The MIT AI Risk Repository has spotlighted a 2023 academic paper by Liu et al. proposing a comprehensive taxonomy for evaluating LLM trustworthiness across seven dimensions: reliability, safety, fairness, resistance to misuse, explainability and reasoning, social norms, and robustness. Each dimension contains subcategories covering risks such as hallucination, sycophancy, prompt attacks, and cultural insensitivity. The paper also provides a guideline for multi-objective evaluation using automated and templated question generation. The blog post itself is a brief summary adding no original analysis; the signal value is primarily the taxonomy structure as an input to AI risk or evaluation frameworks.

Key points

A 2023 academic paper proposes a taxonomy of 7 major LLM trustworthiness categories covering 29 subcategories.
The MIT AI Risk Repository spotlights this as one of 30 risk frameworks it has catalogued - useful for APS risk inventory work.
The paper itself is two years old; the blog post adds no new analysis beyond the repository spotlight.

Implications

Consider Agencies developing AI risk registers or evaluation criteria could consider whether this taxonomy's seven dimensions map usefully onto their existing risk categorisation structures.
Monitor Policy teams tracking the MIT AI Risk Repository may want to monitor the full set of 30 frameworks it has catalogued for emerging patterns in AI risk classification.

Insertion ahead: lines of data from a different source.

-- ===== src/Word/Tree/Find.antt =====
-- xrbase/trieword/WordTree.cpp: `Find` finds the shortest word of the tree at the front of a text.
use libev_test.Base.{
  ℕ, ◌+◌, ◌≡◌, refl, sym, ap, ◌∙◌, arith, Bool, true, false, ◌||◌, List, [], ◌∷◌, Option, none,
  some, if◌then◌else◌, inl, inr, Option-cases,
}
use mathlib.Core.Path.{fun_ext}
use libev_test.Word.Tree.{
  Node, node, children, is_node, find_child, find_from, find, insert, empty_root,
}
use libev_test.Word.Tree.Insert.{
  accepts, word_eq, IsTidy, accepts-insert, insert-IsTidy, find_child-IsTidy,
}

-- The length of the shortest beginning of a text, of one character or more, that passes a test.
unfoldable pub shortest : (List ℕ → Bool) → List ℕ → Option ℕ
shortest p [] = none
shortest p (c ∷ w) =
    let rest = shortest (λ v. p (c ∷ v)) w in
    if p (c ∷ []) then some 1 else elim rest [ none ↦ none | some n ↦ some (n + 1) ]

-- A result of `Find` with its count.
abbrev pub hit : Bool × ℕ → Option ℕ
hit (true, n) = some n
hit (false, n) = none

abbrev shift : ℕ → Option ℕ → Option ℕ
shift count none = none
shift count (some n) = some (count + n)

pub shortest-none :
    (p : List ℕ → Bool) (w : List ℕ) → ((v : List ℕ) → p v ≡ false) → shortest p w ≡ none
unfolding shortest
shortest-none p [] h = refl
shortest-none p (c ∷ w) h = rw (h (c ∷ []), shortest-none (λ v. p (c ∷ v)) w (λ v. h (c ∷ v))) refl

pub shortest-ext :
    (p q : List ℕ → Bool) (w : List ℕ) → ((v : List ℕ) → p v ≡ q v) → shortest p w ≡ shortest q w
shortest-ext p q w h = ap (λ f. shortest f w) (fun_ext h)

accepts-below :
    (n first : Node) (c : ℕ) (v : List ℕ)
    → find_child (children n) c ≡ some first
    → accepts n (c ∷ v) ≡ accepts first v
unfolding accepts
accepts-below n first c v e = rw (e, accepts) refl

accepts-absent :
    (n : Node) (c : ℕ) (v : List ℕ) → find_child (children n) c ≡ none → accepts n (c ∷ v) ≡ false
unfolding accepts
accepts-absent n c v e = rw (e, accepts) refl

accepts-end : (n : Node) → accepts n [] ≡ is_node n
unfolding accepts
accepts-end n = refl

abbrev pub bump : Option ℕ → Option ℕ
bump none = none
bump (some n) = some (n + 1)

pub shortest-cons :
    (p : List ℕ → Bool) (c : ℕ) (w : List ℕ)
    → shortest p (c ∷ w) ≡ (if p (c ∷ []) then some 1 else bump (shortest (λ v. p (c ∷ v)) w))
unfolding shortest
shortest-cons p c w = ground arith

shortest-child :
    (n first : Node) (c : ℕ) (w : List ℕ)
    → find_child (children n) c ≡ some first
    → shortest (accepts n) (c ∷ w)
      ≡ (if is_node first then some 1 else bump (shortest (accepts first) w))
shortest-child n first c w e =
    shortest-cons (accepts n) c w
    ∙ ap (λ o. if accepts n (c ∷ []) then some 1 else bump o)
        (shortest-ext (λ v. accepts n (c ∷ v)) (accepts first) w (λ v. accepts-below n first c v e))
    ∙ ap (λ b. if b then some 1 else bump (shortest (accepts first) w))
        (accepts-below n first c [] e ∙ accepts-end first)

shortest-absent :
    (n : Node) (c : ℕ) (w : List ℕ)
    → find_child (children n) c ≡ none
    → shortest (accepts n) (c ∷ w) ≡ none
unfolding shortest
shortest-absent n c w e =
    rw
      (
        accepts-absent n c [] e,
        shortest-none (λ u. accepts n (c ∷ u)) w (λ u. accepts-absent n c u e),
      )
      refl

shortest-nil : (p : List ℕ → Bool) → shortest p [] ≡ none
unfolding shortest
shortest-nil p = refl

-- `Find` below a node that has counted so far.
find_from-shortest :
    (w : List ℕ) (n : Node) (count : ℕ)
    → IsTidy n
    → hit (find_from w n count) ≡ shift count (shortest (accepts n) w)
unfolding find_from
find_from-shortest [] n count v = ap (shift count) (sym (shortest-nil (accepts n)))
find_from-shortest (c ∷ []) (node t b m) count v = elim (Option-cases (find_child m c)) [
  | inl e ↦ rw (e, find_from, shortest-absent (node t b m) c [] e) refl
  | inr (first, e) ↦
      let tidy = (find_child-IsTidy m c first v e).0 in
      rw (shortest-child (node t b m) first c [] e, shortest-nil (accepts first)) ground arith
]
find_from-shortest (c ∷ d ∷ rest) (node t b m) count v = elim (Option-cases (find_child m c)) [
  | inl e ↦ rw (e, find_from, shortest-absent (node t b m) c (d ∷ rest) e) refl
  | inr (first, e) ↦
      let tidy = find_child-IsTidy m c first v e in
      let ih = find_from-shortest (d ∷ rest) first (count + 1) tidy.1 in
      rw (shortest-child (node t b m) first c (d ∷ rest) e) ground arith
]

shift-zero : (o : Option ℕ) → shift 0 o ≡ o
shift-zero none = refl
shift-zero (some n) = ap some (omega arith)

-- The words of a list inserted one after the other.
unfoldable pub load : Node → List (List ℕ) → Node
load root [] = root
load root (w ∷ ws) = load (insert w root) ws

unfoldable pub has_word : List (List ℕ) → List ℕ → Bool
has_word [] v = false
has_word (w ∷ ws) v = word_eq w v || has_word ws v

load-IsTidy : (root : Node) (ws : List (List ℕ)) → IsTidy root → IsTidy (load root ws)
unfolding load
load-IsTidy root [] v = v
load-IsTidy root (w ∷ ws) v = load-IsTidy (insert w root) ws (insert-IsTidy w root v)

insert-nil : (root : Node) → insert [] root ≡ root
unfolding insert
insert-nil root = refl

accepts-load :
    (root : Node) (ws : List (List ℕ)) (c : ℕ) (v : List ℕ)
    → accepts (load root ws) (c ∷ v) ≡ (has_word ws (c ∷ v) || accepts root (c ∷ v))
unfolding load has_word word_eq
accepts-load root [] c v = refl
accepts-load root ([] ∷ ws) c v = rw (insert-nil root, word_eq) (accepts-load root ws c v)
accepts-load root ((d ∷ w) ∷ ws) c v =
    ground (arith, accepts-load (insert (d ∷ w) root) ws c v, accepts-insert d w root (c ∷ v))

-- The test matters only at texts of one character or more.
shortest-ext_cons :
    (p q : List ℕ → Bool) (w : List ℕ)
    → ((c : ℕ) (v : List ℕ) → p (c ∷ v) ≡ q (c ∷ v))
    → shortest p w ≡ shortest q w
shortest-ext_cons p q [] h = shortest-nil p ∙ sym (shortest-nil q)
shortest-ext_cons p q (c ∷ w) h =
    shortest-cons p c w
    ∙ ap (λ b. if b then some 1 else bump (shortest (λ v. p (c ∷ v)) w)) (h c [])
    ∙ ap (λ o. if q (c ∷ []) then some 1 else bump o)
        (shortest-ext (λ v. p (c ∷ v)) (λ v. q (c ∷ v)) w (h c))
    ∙ sym (shortest-cons q c w)

accepts-empty : (c : ℕ) (v : List ℕ) → accepts empty_root (c ∷ v) ≡ false
unfolding accepts find_child
accepts-empty c v = refl

-- In a tree into which a list of words was inserted, `Find` finds something at the front of a text
-- exactly if one of the words that are not empty begins the text, and then the count is the length of
-- the shortest such word.
pub find-shortest :
    (ws : List (List ℕ)) (text : List ℕ)
    → hit (find text (load empty_root ws)) ≡ shortest (has_word ws) text
unfolding find
find-shortest ws text =
    let tree = load empty_root ws in
    find_from-shortest text tree 0 (load-IsTidy empty_root ws tt)
    ∙ shift-zero (shortest (accepts tree) text)
    ∙ shortest-ext_cons (accepts tree) (has_word ws) text
        (λ c v. accepts-load empty_root ws c v ∙ ground (arith, accepts-empty c v))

View item Original source ↗

MIT AI Risk Repository – Blog(Global) 19 Feb 2026

Artificial Intelligence Trust, Risk and Security Management (AI TRiSM)

The MIT AI Risk Repository's blog spotlights a 2024 academic paper by Habbal, Ali, and Abuzaraida reviewing the AI Trust, Risk, and Security Management (AI TRiSM) framework. The framework organises AI risks into three pillars - trust management (bias, privacy), risk management (societal manipulation, deepfakes, autonomous weapons), and security management (malicious use, insufficient controls) - and is designed to apply across the full AI system lifecycle, with particular focus on healthcare and finance sectors. The blog post is a brief summary pointing readers to the underlying publication rather than original analysis.

Key points

MIT AI Risk Repository spotlights the AI TRiSM framework covering trust, risk, and security management across AI lifecycles.
Framework organises AI risks under bias, privacy, deepfakes, societal manipulation, autonomous weapons, and malicious use.
This is a literature synthesis blog post - the underlying 2024 academic paper carries more analytical depth.

Implications

Consider APS AI governance teams could consider mapping AI TRiSM's risk taxonomy against the APS AI Policy's responsible use obligations to identify coverage gaps or useful framing.
Monitor Agencies tracking international risk frameworks may want to monitor the MIT AI Risk Repository's ongoing series, which systematically catalogues frameworks potentially useful for comparative governance work.

View item Original source ↗

Implications are AI-generated. Starting points, not advice — see methodology for how they're framed.